As experienced instructors know, there is a subtle and difficult balance to be
achieved between helping students with feedback and suggestions but not spoonfeeding them. Restraint must be used in not providing students with recipes to
solve the problems at hand, but instead providing enough guidance to assist them
and avoid excessive frustration. Moreover the content of the feedback, and grading
3
procedures in general, should be closely aligned with the content learned by the
students in class. For example, notation and procedures, as well as difficulty level,
should match what is used by the student’s textbook and instructor as closely as
possible.

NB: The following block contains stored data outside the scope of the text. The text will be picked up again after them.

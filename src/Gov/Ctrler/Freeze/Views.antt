-- ===== src/Gov/Ctrler/Freeze/Views.antt =====
-- ctrlers/gov/ctrler.go: the ledger after freezeProposals.
use beatoz_go.Base.{
  ℕ, ◌≡◌, ◌≢◌, refl, ◌∙◌, true, false, ◌||◌, none, some, List, [], ◌∷◌, Result, ok, if◌then◌else◌,
  ◌==◌, arith,
}
use beatoz_go.Base.Bytes.{Bytes, bytes_eq, has_prefix}
use beatoz_go.Ledger.Keys.{
  ledger_key_proposal, ledger_key_frozen_prop, key_prefix_proposal, key_prefix_frozen_prop,
}
use beatoz_go.Ledger.Map.{Store, IsMap}
use beatoz_go.Ledger.Map.Removal.{del_all, del_all_lem, drop_view, listed}
use beatoz_go.Ledger.Map.Seek.{Seeker, IsListed, entry, EachEntry, each_entry}
use beatoz_go.Gov.Proposal.{Proposal}
use beatoz_go.Gov.Params.{GovParams}
use beatoz_go.Gov.Ctrler.{frozen_fits, GovItem, GovCtrler, gov_keyed}
use beatoz_go.Gov.Ctrler.Blocks.{Frozen, frozen_key, freeze_one, freeze_proposals, set_all}
use beatoz_go.Gov.Ctrler.Writes.{View, put_view, set_all_lem}
use beatoz_go.Gov.Ctrler.Freeze.{
  judge, left_open, newly_frozen, IsVotable, news, frozens, removeds, visit-freeze_one,
}
use beatoz_go.Gov.Ctrler.Freeze.Keys.{
  put_view-news, put_view_elsewhere, put_view_nil, listed_gone, unlisted_elsewhere, keys_NotEmpty,
  dropped_twice, left_open_gone, other_prefix, not_nil,
}

module _ (s : Store GovItem) (k : Seeker s) (m : IsMap s) (l : IsListed m k)
    (parse : Bytes → Result GovParams) where
  -- The open proposals for execution are stored under their own hashes and have options.
  abbrev pub AreVotable : s.State → Type 0
  AreVotable st =
      (j : Bytes) (item : GovItem)
      → has_prefix j (key_prefix_proposal ∷ []) ≡ true
      → m.view st true j ≡ some item
      → IsVotable j item

  under_proposal :
      (h : Bytes) → has_prefix (ledger_key_proposal h) (key_prefix_proposal ∷ []) ≡ true
  unfolding has_prefix ledger_key_proposal
  under_proposal h = refl

  module _ (height : ℕ) (st : s.State) (valid : m.IsValid st) (votable : AreVotable st) where
    abbrev es : List (Bytes × GovItem)
    es = l.entries st (key_prefix_proposal ∷ [])

    es-IsVotable : EachEntry IsVotable es
    es-IsVotable =
        each_entry IsVotable (key_prefix_proposal ∷ []) es
          (l.entries_under st (key_prefix_proposal ∷ []) valid)
          (λ j i u g. votable j i u (l.entries_view st (key_prefix_proposal ∷ []) j valid u ∙ g))

    abbrev written : View
    written = put_view frozen_key (news height es) (m.view st true)

    drops :
        (j : Bytes)
        → drop_view (removeds height es) (drop_view (frozens height es) written) j ≡ (
            if listed j (frozens height es) || listed j (removeds height es)
            then none
            else written j)
    drops j =
        dropped_twice (listed j (frozens height es)) (listed j (removeds height es)) (written j)

    -- At the key of an open proposal, at that of a frozen one, and elsewhere.
    removed_open :
        (h : Bytes)
        → drop_view
            (removeds height es)
            (drop_view (frozens height es) written)
            (ledger_key_proposal h)
          ≡ left_open
              (judge height (m.view st true (ledger_key_proposal h)))
              (m.view st true (ledger_key_proposal h))
    removed_open h =
        let seen =
          l.entries_view st (key_prefix_proposal ∷ []) (ledger_key_proposal h) valid
            (under_proposal h) in
        drops (ledger_key_proposal h)
        ∙ rw
            (
              listed_gone height (ledger_key_proposal h) es (key_prefix_proposal ∷ [])
                  (l.entries_under st (key_prefix_proposal ∷ []) valid),
              written_open h,
              seen,
            )
            (left_open_gone (judge height (entry (ledger_key_proposal h) es))
              (entry (ledger_key_proposal h) es))
      where
        written_open :
            (h : Bytes) → written (ledger_key_proposal h) ≡ m.view st true (ledger_key_proposal h)
        written_open h =
            unfold ledger_key_proposal in
            put_view_elsewhere (news height es) (m.view st true) key_prefix_proposal h refl

    removed_frozen :
        (h : Bytes)
        → drop_view
            (removeds height es)
            (drop_view (frozens height es) written)
            (ledger_key_frozen_prop h)
          ≡ newly_frozen
              (judge height (m.view st true (ledger_key_proposal h)))
              (m.view st true (ledger_key_frozen_prop h))
    removed_frozen h =
        let seen =
          l.entries_view st (key_prefix_proposal ∷ []) (ledger_key_proposal h) valid
            (under_proposal h) in
        drops (ledger_key_frozen_prop h)
        ∙ rw (unlisted_elsewhere height (ledger_key_frozen_prop h) es es-IsVotable (apart h), seen)
            (put_view-news height h es (m.view st true) (key_prefix_proposal ∷ []) es-IsVotable
              (l.entries_under st (key_prefix_proposal ∷ []) valid))
      where
        apart : (h g : Bytes) → bytes_eq (ledger_key_proposal g) (ledger_key_frozen_prop h) ≡ false
        apart h g = unfold ledger_key_frozen_prop in other_prefix key_prefix_frozen_prop h g refl

    removed_elsewhere :
        (j : Bytes)
        → has_prefix j (key_prefix_proposal ∷ []) ≡ false
        → has_prefix j (key_prefix_frozen_prop ∷ []) ≡ false
        → drop_view (removeds height es) (drop_view (frozens height es) written) j
          ≡ m.view st true j
    unfolding has_prefix
    removed_elsewhere [] p f =
        drops []
        ∙ rw (unlisted_elsewhere height [] es es-IsVotable not_nil)
            (put_view_nil (news height es) (m.view st true))
    removed_elsewhere (b ∷ h) p f =
        let not_open : (b == key_prefix_proposal) ≡ false = ground (arith, p) in
        let not_frozen : (b == key_prefix_frozen_prop) ≡ false = ground (arith, f) in
        drops (b ∷ h)
        ∙ rw (unlisted_elsewhere height (b ∷ h) es es-IsVotable (λ g. other_prefix b h g not_open))
            (put_view_elsewhere (news height es) (m.view st true) b h not_frozen)

  -- The ledger after freezeProposals at a height.
  pub record IsFrozenAt (height : ℕ) (st st' : s.State) : Type 0 where
    pub still_valid : m.IsValid st'
    pub open_at :
        (h : Bytes)
        → m.view st' true (ledger_key_proposal h)
          ≡ left_open
              (judge height (m.view st true (ledger_key_proposal h)))
              (m.view st true (ledger_key_proposal h))
    pub frozen_at :
        (h : Bytes)
        → m.view st' true (ledger_key_frozen_prop h)
          ≡ newly_frozen
              (judge height (m.view st true (ledger_key_proposal h)))
              (m.view st true (ledger_key_frozen_prop h))
    pub elsewhere :
        (j : Bytes)
        → has_prefix j (key_prefix_proposal ∷ []) ≡ false
        → has_prefix j (key_prefix_frozen_prop ∷ []) ≡ false
        → m.view st' true j ≡ m.view st true j
    pub checking_side : (j : Bytes) → m.view st' false j ≡ m.view st false j

  frozen_key_ne : (p : Proposal) → frozen_key p ≢ []
  unfolding ledger_key_frozen_prop
  frozen_key_ne p e = cc

  -- Over a ledger whose open proposals are stored under their own hashes and have options,
  -- freezeProposals succeeds and changes no parameters. An open proposal whose last voting height is
  -- below the height is gone from the open ones; where UpdateMajorOption gives it a majority option
  -- it stands among the frozen ones under the same hash. All else is as it was.
  pub freeze_proposals_exact :
      (height : ℕ) (c : GovCtrler s k parse)
      → m.IsValid c.gov_state
      → AreVotable c.gov_state
      → (keys : List Bytes × List Bytes) × (st : s.State) × (freeze_proposals s k parse height c
          ≡ (ok keys, record c { gov_state = st }))
        × IsFrozenAt height c.gov_state st
  unfolding freeze_proposals
  freeze_proposals_exact height c valid votable =
      let st = c.gov_state in
      let found : List (Bytes × GovItem) = l.entries st (key_prefix_proposal ∷ []) in
      let open_ones = es-IsVotable height st valid votable in
      let run =
        l.seek_entries Frozen (key_prefix_proposal ∷ []) (freeze_one s k parse height) st
          (record { new_frozens = []; frozen_props = []; removed_props = [] }) valid
        ∙ visit-freeze_one s k parse height found
            (record { new_frozens = []; frozen_props = []; removed_props = [] }) open_ones in
      let (ne_f, ne_r) = keys_NotEmpty height found open_ones in
      let st1 = set_all s frozen_key (news height found) st in
      let st2 = del_all s (frozens height found) st1 in
      let st3 = del_all s (removeds height found) st2 in
      let (v1, on1, off1) =
        set_all_lem s k m frozen_key (news height found) st frozen_key_ne
          (λ p. frozen_fits p.header.tx_hash p) valid in
      let (v2, on2, off2) = del_all_lem s m (frozens height found) st1 ne_f v1 in
      let (v3, on3, off3) = del_all_lem s m (removeds height found) st2 ne_r v2 in
      let all : (j : Bytes)
          → m.view st3 true j
            ≡ drop_view (removeds height found)
                (drop_view (frozens height found) (written height st valid votable)) j =
        λ j. rw (on3 j, on2 j, on1 j) refl in
      (
        (frozens height found, removeds height found),
        st3,
        rw run refl,
        record {
          still_valid = v3;
          open_at = λ h. all (ledger_key_proposal h) ∙ removed_open height st valid votable h;
          frozen_at =
              λ h. all (ledger_key_frozen_prop h) ∙ removed_frozen height st valid votable h;
          elsewhere = λ j p f. all j ∙ removed_elsewhere height st valid votable j p f;
          checking_side = λ j. off3 j ∙ off2 j ∙ off1 j;
        },
      )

This is simply so that all parts of the learning process, whether they be
lessons, assessment, or any other component, form as cohesive a learning experience
as possible.
Finally, computers also have the ability to store vast amounts of information,
and this can provide valuable feedback to students and instructors, completing the
framework for effective formative assessment. In this context privacy is always a
concern - it is our opinion that details of when and how a student works is personal
information that should not be tracked. However, aggregate information such as
the average number of attempts at a question taken by students in a class, average
grade per attempt, and similar statistics can be extremely valuable to an instructor
for determining where the class is struggling. This can be used to focus class time
more effectively. For individual students, the system can track their performance
on individual topics and provide suggestions as to where their efforts would be best
spent during their study time.
3
Randomized Questions
It is well known that the key to learning any skill is practice. By far the most effective
way for students to master a subject such as accounting is to actively engage with the
material - actually doing accounting and receiving feedback on their performance.

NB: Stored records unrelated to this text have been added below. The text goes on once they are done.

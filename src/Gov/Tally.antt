-- ===== src/Gov/Tally.antt =====
-- ctrlers/gov/proposal: the votes of an option, and the recount of its voters.
use beatoz_go.Base.{
  ℕ, zero, suc, ◌<◌, ◌^◌, ◌≡◌, refl, ap, ◌∙◌, false, ◌&&◌, Option, none, some, List, [], ◌∷◌, ok,
  ◌==◌, if◌then◌else◌, Bool-cases, inl, inr, arith, length,
}
use mathlib.Core.Option.{some-injective}
use beatoz_go.Base.Words.{add64}
use beatoz_go.Base.Bytes.{Bytes, bytes_eq}
use beatoz_go.Gov.Proposal.{Voter, VoteOption, is_choice, find_voter, put_voter, at_option}

-- What a voter counts for option `i`.
abbrev pub count : ℕ → Voter → ℕ
count i v = if is_choice v.choice && (v.choice == i) then v.power else 0

-- The recount of option `i`.
unfoldable pub votes_for : ℕ → List Voter → ℕ
votes_for i [] = 0
votes_for i (v ∷ vs) = add64 (count i v) (votes_for i vs)

-- The votes of option `i`.
unfoldable pub votes_at : ℕ → List VoteOption → Option ℕ
votes_at i [] = none
votes_at zero (o ∷ os) = some o.votes
votes_at (suc i) (o ∷ os) = votes_at i os

abbrev pub changed : (ℕ → ℕ) → Option ℕ → Option ℕ
changed g none = none
changed g (some n) = some (g n)

-- The voters but the first with the address.
unfoldable pub others : Bytes → List Voter → List Voter
others addr [] = []
others addr (v ∷ vs) = let rest = others addr vs in if bytes_eq v.address addr then vs else v ∷ rest

abbrev pub FitAll : List Voter → Type 0
FitAll [] = Unit {0}
FitAll (v ∷ vs) = (v.power < 2 ^ 64) × FitAll vs

pub votes_for_fits : (i : ℕ) (vs : List Voter) → votes_for i vs < 2 ^ 64
unfolding votes_for
votes_for_fits i [] = omega arith
votes_for_fits i (v ∷ vs) = omega arith

swap : (a b c : ℕ) → add64 a (add64 b c) ≡ add64 b (add64 a c)
swap a b c = omega arith

-- A found voter's count stands apart from the others'.
pub votes_for-find_voter :
    (i : ℕ) (addr : Bytes) (v : Voter) (vs : List Voter)
    → find_voter addr vs ≡ some v
    → votes_for i vs ≡ add64 (count i v) (votes_for i (others addr vs))
unfolding votes_for find_voter others
votes_for-find_voter i addr v [] e = cc
votes_for-find_voter i addr v (w ∷ vs) e = elim (Bool-cases (bytes_eq w.address addr)) [
  | inl here ↦
      rw here (ap (λ x. add64 (count i x) (votes_for i vs)) (some-injective w v (rw here at e)))
  | inr later ↦
      rw (later, votes_for-find_voter i addr v vs (rw later at e))
        (swap (count i w) (count i v) (votes_for i (others addr vs)))
]

pub votes_for-put_voter :
    (i : ℕ) (addr : Bytes) (v v' : Voter) (vs : List Voter)
    → find_voter addr vs ≡ some v
    → votes_for i (put_voter addr v' vs) ≡ add64 (count i v') (votes_for i (others addr vs))
unfolding votes_for find_voter others put_voter
votes_for-put_voter i addr v v' [] e = cc
votes_for-put_voter i addr v v' (w ∷ vs) e = elim (Bool-cases (bytes_eq w.address addr)) [
  | inl here ↦ rw here refl
  | inr later ↦
      rw (later, votes_for-put_voter i addr v v' vs (rw later at e))
        (swap (count i w) (count i v') (votes_for i (others addr vs)))
]

zero_apart : (i : ℕ) → (zero == suc i) ≡ false
zero_apart i = ground arith

suc_apart : (i : ℕ) → (suc i == zero) ≡ false
suc_apart i = ground arith

suc_same : (k i : ℕ) → (suc k == suc i) ≡ (k == i)
suc_same k i = ground arith

-- A method on one option changes that option's votes.
pub votes_at-at_option :
    (k : ℕ) (f : VoteOption → VoteOption) (g : ℕ → ℕ) (os : List VoteOption)
    → ((o : VoteOption) → (f o).votes ≡ g o.votes)
    → k < length os
    → (os' : List VoteOption) × (at_option k f os ≡ ok os')
      × (length os' ≡ length os)
      × ((i : ℕ) → votes_at i os' ≡ (if k == i then changed g (votes_at i os) else votes_at i os))
unfolding votes_at at_option
votes_at-at_option k f g [] e h = elim (none_below k h) [ ]
  where
    none_below : (k : ℕ) → k < 0 → ⊥
    none_below k h = omega arith
votes_at-at_option zero f g (o ∷ os) e h = (f o ∷ os, refl, refl, at)
  where
    at :
        (i : ℕ)
        → votes_at i (f o ∷ os)
          ≡ (if zero == i then changed g (votes_at i (o ∷ os)) else votes_at i (o ∷ os))
    at zero = ap some (e o)
    at (suc i) = rw (zero_apart i) refl
votes_at-at_option (suc k) f g (o ∷ os) e h =
    let (os', ran, same, moved) = votes_at-at_option k f g os e (omega arith) in
    (o ∷ os', rw (ran, at_option) refl, ap suc same, at os' moved)
  where
    at :
        (os' : List VoteOption)
        → ((i : ℕ) → votes_at i os' ≡ (if k == i then changed g (votes_at i os) else votes_at i os))
        → (i : ℕ)
        → votes_at i (o ∷ os')
          ≡ (if suc k == i then changed g (votes_at i (o ∷ os)) else votes_at i (o ∷ os))
    at os' moved zero = rw (suc_apart k) refl
    at os' moved (suc i) = moved i ∙ rw (suc_same k i) refl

Unfortunately this requires a significant amount of resources per student, and
a typical instructor with several large classes of students can devote only a limited
amount of effort to any individual student. As a result, each topic in a course
will generally be tested only by a single assignment or quiz, with limited feedback
provided to each student. Students will often give only a cursory glance to the
feedback, since they will likely not be tested on the same material again until the
final exam. Ideally, students should be provided with immediate feedback on their
work and have the opportunity to apply the new information as quickly as possible.

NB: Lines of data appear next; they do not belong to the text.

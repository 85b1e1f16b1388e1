-- ===== src/Gov/Voting.antt =====
-- ctrlers/gov/proposal: votes and slashes keep each option's votes equal to the recount.
use beatoz_go.Base.{
  ℕ, ◌<◌, ◌^◌, ◌≡◌, refl, ap, subst, Bool, true, false, ◌&&◌, Option, none, some, List, ok, ◌==◌,
  if◌then◌else◌, Bool-cases, inl, inr, arith, length,
}
use mathlib.Core.Option.{some-injective}
use beatoz_go.Base.Words.{add64, sub64}
use beatoz_go.Base.Bytes.{Bytes}
use beatoz_go.Gov.Proposal.{
  Voter, VoteOption, not_choice, is_choice, find_voter, put_voter, vote_for, cancel_vote_for,
  cancel_vote, do_vote_of,
}
use beatoz_go.Gov.Tally.{
  votes_for, votes_at, others, changed, votes_for_fits, votes_for-find_voter, votes_for-put_voter,
  votes_at-at_option,
}

-- The options' votes are the recount of the voters.
abbrev pub IsRecount : List Voter → List VoteOption → Type 0
IsRecount vs os = (i : ℕ) → votes_at i os ≡ changed (λ n. votes_for i vs) (votes_at i os)

-- The recount of all but one voter, who counts nothing.
abbrev pub IsWithout : Bytes → List Voter → List VoteOption → Type 0
IsWithout addr vs os = IsRecount (others addr vs) os

-- What was chosen is one of `n` options.
abbrev pub InRange : ℕ → ℕ → Type 0
InRange n c = if is_choice c then (c < n) else Unit {0}

-- One option's votes, as a vote is taken back and as one is cast.
taken_back :
    (o o' : Option ℕ) (all rest p : ℕ) (same : Bool)
    → o ≡ changed (λ n. all) o
    → o' ≡ (if same then changed (λ n. sub64 n p) o else o)
    → all ≡ add64 (if same then p else 0) rest
    → rest < 2 ^ 64
    → p < 2 ^ 64
    → o' ≡ changed (λ n. rest) o'
taken_back none o' all rest p true a b c h k = rw b refl
taken_back none o' all rest p false a b c h k = rw b refl
taken_back (some n) o' all rest p true a b c h k = rw b (ap some (exact (some-injective n all a)))
  where
    exact : n ≡ all → sub64 n p ≡ rest
    exact e = omega (arith, e, c)
taken_back (some n) o' all rest p false a b c h k = rw b (ap some (exact (some-injective n all a)))
  where
    exact : n ≡ all → n ≡ rest
    exact e = omega (arith, e, c)

cast :
    (o o' : Option ℕ) (all rest p : ℕ) (same : Bool)
    → o ≡ changed (λ n. rest) o
    → o' ≡ (if same then changed (λ n. add64 n p) o else o)
    → all ≡ add64 (if same then p else 0) rest
    → rest < 2 ^ 64
    → o' ≡ changed (λ n. all) o'
cast none o' all rest p true a b c h = rw b refl
cast none o' all rest p false a b c h = rw b refl
cast (some n) o' all rest p true a b c h = rw b (ap some (exact (some-injective n rest a)))
  where
    exact : n ≡ rest → add64 n p ≡ all
    exact e = omega (arith, e, c)
cast (some n) o' all rest p false a b c h = rw b (ap some (exact (some-injective n rest a)))
  where
    exact : n ≡ rest → n ≡ all
    exact e = omega (arith, e, c)

pub cancel_vote-IsWithout :
    (addr : Bytes) (v : Voter) (vs : List Voter) (os : List VoteOption)
    → find_voter addr vs ≡ some v
    → v.power < 2 ^ 64
    → InRange (length os) v.choice
    → IsRecount vs os
    → (os' : List VoteOption) × (cancel_vote v os
        ≡ ok ((if is_choice v.choice then record v { choice = not_choice } else v), os'))
      × (length os' ≡ length os)
      × IsWithout addr vs os'
unfolding cancel_vote
cancel_vote-IsWithout addr v vs os found h in_range recount =
    elim (Bool-cases (is_choice v.choice)) [
      | inl chosen ↦
          let (os', ran, same, moved) =
            votes_at-at_option v.choice (cancel_vote_for v.power) (λ n. sub64 n v.power) os
              (λ o. refl) (rw chosen at in_range) in
          (
            os',
            rw (chosen, ran, cancel_vote) refl,
            same,
            λ i.
                taken_back (votes_at i os) (votes_at i os') (votes_for i vs)
                  (votes_for i (others addr vs)) v.power (v.choice == i) (recount i) (moved i)
                  (subst
                    (λ b.
                      votes_for i vs
                      ≡ add64 (if b && (v.choice == i) then v.power else 0)
                          (votes_for i (others addr vs)))
                    chosen (votes_for-find_voter i addr v vs found))
                  (votes_for_fits i (others addr vs)) h,
          )
      | inr not_chosen ↦ (
        os,
        rw (not_chosen, cancel_vote) refl,
        refl,
        λ i.
            taken_back (votes_at i os) (votes_at i os) (votes_for i vs)
              (votes_for i (others addr vs)) 0 false (recount i) refl
              (subst
                (λ b.
                  votes_for i vs
                  ≡ add64 (if b && (v.choice == i) then v.power else 0)
                      (votes_for i (others addr vs)))
                not_chosen (votes_for-find_voter i addr v vs found))
              (votes_for_fits i (others addr vs)) (omega arith),
      )
    ]

pub do_vote_of-IsRecount :
    (addr : Bytes) (v v' : Voter) (choice : ℕ) (vs : List Voter) (os : List VoteOption)
    → find_voter addr vs ≡ some v
    → is_choice choice ≡ true
    → choice < length os
    → IsWithout addr vs os
    → (os' : List VoteOption) × (do_vote_of v' choice os ≡ ok (record v' { choice = choice }, os'))
      × (length os' ≡ length os)
      × IsRecount (put_voter addr (record v' { choice = choice }) vs) os'
unfolding do_vote_of
do_vote_of-IsRecount addr v v' choice vs os found chosen h without =
    let (os', ran, same, moved) =
      votes_at-at_option choice (vote_for v'.power) (λ n. add64 n v'.power) os (λ o. refl) h in
    (
      os',
      rw (chosen, ran, do_vote_of) refl,
      same,
      λ i.
          cast (votes_at i os) (votes_at i os')
            (votes_for i (put_voter addr (record v' { choice = choice }) vs))
            (votes_for i (others addr vs)) v'.power (choice == i) (without i) (moved i)
            (subst
              (λ b.
                votes_for i (put_voter addr (record v' { choice = choice }) vs)
                ≡ add64 (if b && (choice == i) then v'.power else 0) (votes_for i (others addr vs)))
              chosen (votes_for-put_voter i addr v (record v' { choice = choice }) vs found))
            (votes_for_fits i (others addr vs)),
    )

In this respect an automated system is ideal - the feedback is instant and the student
can immediately attempt the question again to verify that they have understood the
feedback.
However, this is undermined if the student simply attempts an identical question.
For the feedback to be useful it should contain the correct answer, but there is no
value in the student simply copying the correct answer into a new instance of the
question. What is required is a similar question, testing the same content, but with
enough difference that the student must engage the new question using the concepts
explained in the feedback.
A key component of the Lyryx system is randomization of the questions. Each
question in the test bank is really a question type that can be instantiated in an
essentially unlimited number of specific randomized instances. Obviously the details
of how this is done are dependent on the question being implemented. In accounting,
for example, a journalization question will typically have a large pool of transaction
templates from which a subset is selected, and then realistic random values are
4
generated for the amounts within each transaction.
4
The User Interface
One of the key parts of the Lyryx assessment engine is the user interface. How a
question is presented to the student ties in with the level of grading that will be
applied to the student’s answer and detail of feedback that can be provided. If an
instructor wants to provide a more granular response than “right” or “wrong”, then
the student must be allowed to explore the course material in a rich user interface. In
the field of accounting, two of the most important and frequently used user interface
elements are journals and financial statements. Both these feature prominently in
the Lyryx system.
Early on in learning financial accounting, students typically encounter the concept of journalizing transactions. A student will be given a list or narrative describing transactions performed by a fictitious company and they are asked to record
these transactions in a journal using double-entry bookkeeping. One journal entry
will contain the date that the transaction is performed, a list of one or more accounts to which the transaction applies (either as a credit or debit), and the dollar
amounts that are credited or debited to the associated account. Finally, there can
be a comment or explanation of the transaction, which may include an short English
statement, a related invoice number, and so on. The Lyryx journal entry interface is
presented in a fixed format that is similar to the format found in a typical journal.
A blank journal entry is shown in Figure 1.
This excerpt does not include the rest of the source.